--- EXERCISE ---
Which of the lines in the data mention the string "gateway"? List them all.
(DATASET CONTENT begins)
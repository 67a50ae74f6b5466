-- ===== src/Device.antt =====
-- The device endpoint: oidc-gateway/src/device.rs, up to the HTML of its pages.
pub mod Answers
pub mod Start
pub mod Submit
pub mod Confirm
pub mod Confirmed
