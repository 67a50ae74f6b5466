-- ===== src/Device/Answers.antt =====
-- What the handlers of oidc-gateway/src/device.rs answer.
use jetauth.Prelude.{
  Text, str, ℕ, Bool, true, false, Option, some, [], ◌||◌, ◌∷◌, ◌==◌, if◌then◌else◌, nat_eq,
}

-- The page for the user code with its error, the outcome page with its title, a redirect to the
-- login page, an error in JSON, or the codes of a new request.
pub data Answer : Type 0 where
  device_page : (user_code : Text) → (error : Option Text) → Answer
  outcome_page : (title : Text) → (success : Bool) → Answer
  login_redirect : (session_id : Text) → Answer
  json_error : (status : ℕ) → (error description : Text) → Answer
  started :
      (device_code user_code verification_uri verification_uri_complete : Text)
      → (expires_in interval : ℕ) → Answer

abbrev pub page_error : Text → Answer
page_error error = device_page [] (some error)

abbrev pub activated : Answer
activated = outcome_page (str "Device Activated!") true

abbrev pub declined : Answer
declined = outcome_page (str "Device Not Authorized") false

-- `replace(['-', ' '], "")`
unfoldable pub without : (drop : ℕ → Bool) → Text → Text
without drop [] = []
without drop (c ∷ t) = let rest = without drop t in if drop c then rest else c ∷ rest

abbrev pub is_hyphen : ℕ → Bool
is_hyphen c = c == b'-'

abbrev pub is_separator : ℕ → Bool
is_separator c = c == b'-' || c == b' '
(DATASET CONTENT ends)
--- ANSWER FOR THE TASK ---
-- The device endpoint: oidc-gateway/src/device.rs, up to the HTML of its pages.
-- What the handlers of oidc-gateway/src/device.rs answer.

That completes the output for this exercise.